On Tue, Oct 20, 2009 at 08:59:48PM +0200, Alexander Graf wrote:

On 20.10.2009, at 20:55, Gleb Natapov wrote:

On Tue, Oct 20, 2009 at 03:51:02PM +0200, Alexander Graf wrote:

On 20.10.2009, at 15:48, Gleb Natapov wrote:

On Tue, Oct 20, 2009 at 03:41:57PM +0200, Alexander Graf wrote:

On 20.10.2009, at 15:37, Jan Kiszka wrote:

Alexander Graf wrote:
On 20.10.2009, at 15:01, Jan Kiszka wrote:

Hi all,

as the list of yet user-unaccessible x86 states is a bit
volatile ATM,
this is an attempt to collect the precise requirements for
additional
state fields. Once everyone feels the list is complete, we can
decide
how to partition it into one ore more substates for the new
KVM_GET/SET_VCPU_STATE interface.

What I read so far (or tried to patch already):

- nmi_masked
- nmi_pending
- nmi_injected
- kvm_queued_exception (whole struct content)
- KVM_REQ_TRIPLE_FAULT (from vcpu.requests)

Unclear points (for me) from the last discussion:

- sipi_vector
- MCE (covered via kvm_queued_exception, or does it
require more?)

Please extend or correct the list as required.

hflags. Qemu supports GIF, kvm supports GIF, but no side
knows how to
sync it.

BTW, GIF is related to svm nesting, right?

Yes and no. It's an architecture addition that came with SVM, yes.

The problem is that I don't want to support migrating while in a
Why not?

Because then we'd have to transfer the whole host cpu cache and the
merged intercept bitmaps to userspace as well. That's just too many
internals to expose IMHO.

But the amount of information is constant no matter how l2 guest there
are. Correct? We can expose it as separate substate.

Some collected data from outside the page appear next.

-- ===== src/Spaces/Sessions/Links.antt =====
-- A sign-in link is used once.
use gomer.Base.{
  ℕ, ◌≡◌, ◌≢◌, inl, inr, refl, sym, ap, ◌∙◌, Bool, true, false, not, ◌&&◌, Bool-cases, Option, none,
  some, is_some, Option-cases, List, [], ◌∷◌, map, if◌then◌else◌, All, All-append, All-keep, ltb,
  find_holds, find_All, both_parts,
}
use gomer.Base.Text.{String, str_eq, eq_iff}
use gomer.Base.Answers.{
  given, unauthorized, forbidden, ◌>>=◌, or_refuse, >>=-eq-given, or_refuse-eq-given,
  guard-eq-given, given_inj,
}
use gomer.Spaces.Rows.{Space, SpaceAuthToken, find_published_by_slug}
use gomer.Spaces.Sessions.{
  Platform, Tables, Session, before_dot, after_dot, secret_of, upsert_member, save_token, user_of,
  request_link, mint, Requested, is_declined, answer_request, normalized, enter_space, enter_as,
  enter_with, is_usable, is_filled, sign_in, redeem_in, redeem_row, token_row, verify_link,
  workspace_session, purge_expired, member_email,
}

-- No token of an id can be used again.
abbrev pub IsSpent : String → List SpaceAuthToken → Type 0
IsSpent id = All (λ k. k.id ≡ id → is_some k.used_at ≡ true)

upsert_member-tokens :
    (now : ℕ) (new_id space_id email : String) (name : Option String) (t : Tables)
    → (upsert_member now new_id space_id email name t).1.tokens ≡ t.tokens
unfolding upsert_member
upsert_member-tokens now new_id space_id email name t =
    elim (Option-cases (user_of t.users space_id email)) [
      | inl missing ↦ rw (missing, upsert_member) refl
      | inr (u, there) ↦ rw (there, upsert_member) refl
    ]

save_token-IsSpent :
    (new : SpaceAuthToken) (ks : List SpaceAuthToken)
    → is_some new.used_at ≡ true
    → IsSpent new.id (map (save_token new) ks)
save_token-IsSpent new [] used = tt
save_token-IsSpent new (k ∷ ks) used = elim (Bool-cases (str_eq k.id new.id)) [
  | inl same ↦ rw same (λ e. used, save_token-IsSpent new ks used)
  | inr other ↦ rw other (λ e. cc (other, (eq_iff k.id new.id).1 e), save_token-IsSpent new ks used)
]

save_token-keeps :
    (id : String) (new : SpaceAuthToken) (ks : List SpaceAuthToken)
    → is_some new.used_at ≡ true
    → IsSpent id ks
    → IsSpent id (map (save_token new) ks)
save_token-keeps id new [] used h = tt
save_token-keeps id new (k ∷ ks) used h = elim (Bool-cases (str_eq k.id new.id)) [
  | inl same ↦ rw same (λ e. used, save_token-keeps id new ks used h.1)
  | inr other ↦ rw other (h.0, save_token-keeps id new ks used h.1)
]

module _ (p : Platform) where
  -- The parts of a redeemed link.
  pub record Redeemed (now : ℕ) (new_id slug raw : String) (t : Tables) (s : Session) (t1 : Tables)
      : Type 0 where
    pub space : Space
    pub row : SpaceAuthToken
    pub found_space : find_published_by_slug t.spaces slug ≡ given space
    pub found_row : token_row p space raw t ≡ some row
    pub usable : is_usable p now (secret_of (after_dot raw)) row ≡ true
    pub result :
        sign_in p now new_id space.id row.email none
          (record t { tokens = map (save_token (record row { used_at = some now })) t.tokens })
        ≡ (s, t1)

  pub verify_link-Redeemed :
      (now : ℕ) (new_id slug raw : String) (t : Tables) (s : Session) (t1 : Tables)
      → verify_link p now new_id slug raw t ≡ given (s, t1)
      → Redeemed now new_id slug raw t s t1
  unfolding verify_link
  verify_link-Redeemed now new_id slug raw t s t1 e =
      let (space, found_space, e1) =
        >>=-eq-given (find_published_by_slug t.spaces slug) (redeem_in p now new_id raw t) e in
      let secret = secret_of (after_dot raw) in
      let (filled, e2) =
        guard-eq-given (is_filled p (before_dot raw) && is_filled p secret) unauthorized
          (or_refuse (token_row p space raw t) unauthorized
            >>= redeem_row p now new_id space secret t)
          e1 in
      let (row, found_row, e3) =
        or_refuse-eq-given (token_row p space raw t) unauthorized
          (redeem_row p now new_id space secret t) e2 in
      let (usable, e4) =
        guard-eq-given (is_usable p now secret row) unauthorized
          (given (
            sign_in p now new_id space.id row.email none (record t {
              tokens = map (save_token (record row { used_at = some now })) t.tokens;
            })))
          e3 in
      record {
        space = space;
        row = row;
        found_space = found_space;
        found_row = found_row;
        usable = usable;
        result = given_inj e4;
      }

  -- What happens to the tables afterwards; the database gives a new token another id.
  pub data Later (id : String) (t : Tables) : Tables → Type 0 where
    here : Later id t t
    requests :
        {u : Tables} (now : ℕ) (new_id secret slug email : String) (r : Requested p)
        → Later id t u
        → new_id ≢ id
        → request_link p now new_id secret slug email u ≡ given r
        → Later id t r.tables
    redeems :
        {u : Tables} (now : ℕ) (new_id slug raw : String) (s : Session) (v : Tables)
        → Later id t u
        → verify_link p now new_id slug raw u ≡ given (s, v)
        → Later id t v
    enters :
        {u : Tables} (now : ℕ) (new_id slug workspace_id user_id : String) (s : Session)
        (v : Tables)
        → Later id t u
        → workspace_session p now new_id slug workspace_id user_id u ≡ given (s, v)
        → Later id t v
    purges : {u : Tables} (now : ℕ) → Later id t u → Later id t (purge_expired now u)

  sign_in-tokens :
      (now : ℕ) (new_id space_id email : String) (name : Option String) (t : Tables) (s : Session)
      (t1 : Tables)
      → sign_in p now new_id space_id email name t ≡ (s, t1)
      → t1.tokens ≡ t.tokens
  sign_in-tokens now new_id space_id email name t s t1 e =
      let is = ap (λ (r : Session × Tables). r.1.tokens) e in
      sym is ∙ upsert_member-tokens now new_id space_id email name t

  verify_link-IsSpent :
      (id : String) (now : ℕ) (new_id slug raw : String) (t : Tables) (s : Session) (t1 : Tables)
      → verify_link p now new_id slug raw t ≡ given (s, t1)
      → (IsSpent id t.tokens → IsSpent id t1.tokens) × IsSpent (before_dot raw) t1.tokens
  verify_link-IsSpent id now new_id slug raw t s t1 e =
      let r = verify_link-Redeemed now new_id slug raw t s t1 e in
      let spent : SpaceAuthToken = record (r.row) { used_at = some now } in
      let same = sign_in-tokens now new_id r.space.id r.row.email none _ s t1 r.result in
      let right : r.row.id ≡ before_dot raw =
        (eq_iff r.row.id (before_dot raw)).0
          (both_parts _ _ (find_holds _ t.tokens r.row r.found_row)).0 in
      (
        λ h. rw same (save_token-keeps id spent t.tokens refl h),
        rw (same, ← right) (save_token-IsSpent spent t.tokens refl),
      )

  -- What `requestLink` makes of the tables: they stay, or there is one more token.
  requested_cases :
      (b : Bool) (now : ℕ) (new_id secret : String) (space : Space) (email : String) (t : Tables)
      (r : Requested p) (id : String)
      → (if b then record { tables = t; raw = none } else mint p now new_id secret space email t)
        ≡ r
      → new_id ≢ id
      → IsSpent id t.tokens
      → IsSpent id r.tables.tokens
  requested_cases true now new_id secret space email t r id e other h = rw (← e) h
  requested_cases false now new_id secret space email t r id e other h =
      rw (← e) (All-append _ t.tokens _ h ((λ same. absurd (other same)), tt))

  request_link-IsSpent :
      (now : ℕ) (new_id secret slug email : String) (t : Tables) (r : Requested p) (id : String)
      → request_link p now new_id secret slug email t ≡ given r
      → new_id ≢ id
      → IsSpent id t.tokens
      → IsSpent id r.tables.tokens
  unfolding request_link
  request_link-IsSpent now new_id secret slug email t r id e other h =
      let (space, found_space, e1) =
        >>=-eq-given (find_published_by_slug t.spaces slug)
          (answer_request p now new_id secret email t) e in
      requested_cases (is_declined p space email t) now new_id secret space (normalized p email) t r
        id (given_inj e1) other h

  workspace_session-tokens :
      (now : ℕ) (new_id slug workspace_id user_id : String) (t : Tables) (s : Session) (t1 : Tables)
      → workspace_session p now new_id slug workspace_id user_id t ≡ given (s, t1)
      → t1.tokens ≡ t.tokens
  unfolding workspace_session
  workspace_session-tokens now new_id slug workspace_id user_id t s t1 e =
      let (space, found_space, e1) =
        >>=-eq-given (find_published_by_slug t.spaces slug)
          (enter_space p now new_id workspace_id user_id t) e in
      let (own_space, e2) =
        guard-eq-given (str_eq space.workspace_id workspace_id) forbidden
          (or_refuse (p.find_user user_id) unauthorized >>= enter_as p now new_id space t) e1 in
      let (user, there, e3) =
        or_refuse-eq-given (p.find_user user_id) unauthorized (enter_as p now new_id space t) e2 in
      let (active, e4) =
        guard-eq-given user.is_active unauthorized
          (member_email p user.email >>= enter_with p now new_id space t user.name) e3 in
      let (email, read, e5) =
        >>=-eq-given (member_email p user.email) (enter_with p now new_id space t user.name) e4 in
      sign_in-tokens now new_id space.id (p.lower email) user.name t s t1 (given_inj e5)

  Later-IsSpent :
      (id : String) {t u : Tables} → Later id t u → IsSpent id t.tokens → IsSpent id u.tokens
  unfolding purge_expired
  Later-IsSpent id here h = h
  Later-IsSpent id (requests {u} now new_id secret slug email r l other e) h =
      request_link-IsSpent now new_id secret slug email u r id e other (Later-IsSpent id l h)
  Later-IsSpent id (redeems {u} now new_id slug raw s v l e) h =
      (verify_link-IsSpent id now new_id slug raw u s v e).0 (Later-IsSpent id l h)
  Later-IsSpent id (enters {u} now new_id slug workspace_id user_id s v l e) h =
      rw (workspace_session-tokens now new_id slug workspace_id user_id u s v e)
        (Later-IsSpent id l h)
  Later-IsSpent id (purges {u} now l) h =
      All-keep _ (λ k. not (ltb k.expires_at now)) u.tokens (Later-IsSpent id l h)

  used-unusable :
      (now : ℕ) (secret : String) (used : Option ℕ) (row : SpaceAuthToken)
      → row.used_at ≡ used
      → is_some used ≡ true
      → is_usable p now secret row ≡ true
      → ⊥
  used-unusable now secret none row is h e = cc
  used-unusable now secret (some t) row is h e = cc (is, e, ap is_some is)

  -- A link that was redeemed is never redeemed again, at whatever Space and time, whatever links are
  -- requested or redeemed and whatever members enter meanwhile, and whether or not expired tokens are
  -- purged, one operation after another; new tokens have other ids.
  pub verify_link-once :
      (now now' : ℕ) (new_id new_id' slug slug' raw : String) (t t1 u v : Tables) (s s' : Session)
      → verify_link p now new_id slug raw t ≡ given (s, t1)
      → Later (before_dot raw) t1 u
      → verify_link p now' new_id' slug' raw u ≢ given (s', v)
  verify_link-once now now' new_id new_id' slug slug' raw t t1 u v s s' first l again =
      let id = before_dot raw in
      let spent = Later-IsSpent id l (verify_link-IsSpent id now new_id slug raw t s t1 first).1 in
      let r = verify_link-Redeemed now' new_id' slug' raw u s' v again in
      let right : r.row.id ≡ id =
        (eq_iff r.row.id id).0 (both_parts _ _ (find_holds _ u.tokens r.row r.found_row)).0 in
      used-unusable now' (secret_of (after_dot raw)) r.row.used_at r.row refl
        (find_All _ _ u.tokens r.row spent r.found_row right) r.usable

Or we can just not migrate while in a nested guest :-). Which will
make everything a lot easier.

Suppose we have a l2 guest that handles interrupt/nmis by itself how can we
force it to exit?

If the nested hypervisor doesn't intercept INTR we don't support it anyways.

I don't think requesting certain cpu state before
migration is the right thing to do. What if user paused a VM and then
decided to migrate?

So pausing has to make it go out of nested guest context too?
Then we're not in the nested guest context, right? :)

Or VM was paused automatically because of shortage
of disk space and management want to migrate VM to other host with
bigger disk?

Same as before.


Really, pushing the whole nesting state over is not a good idea.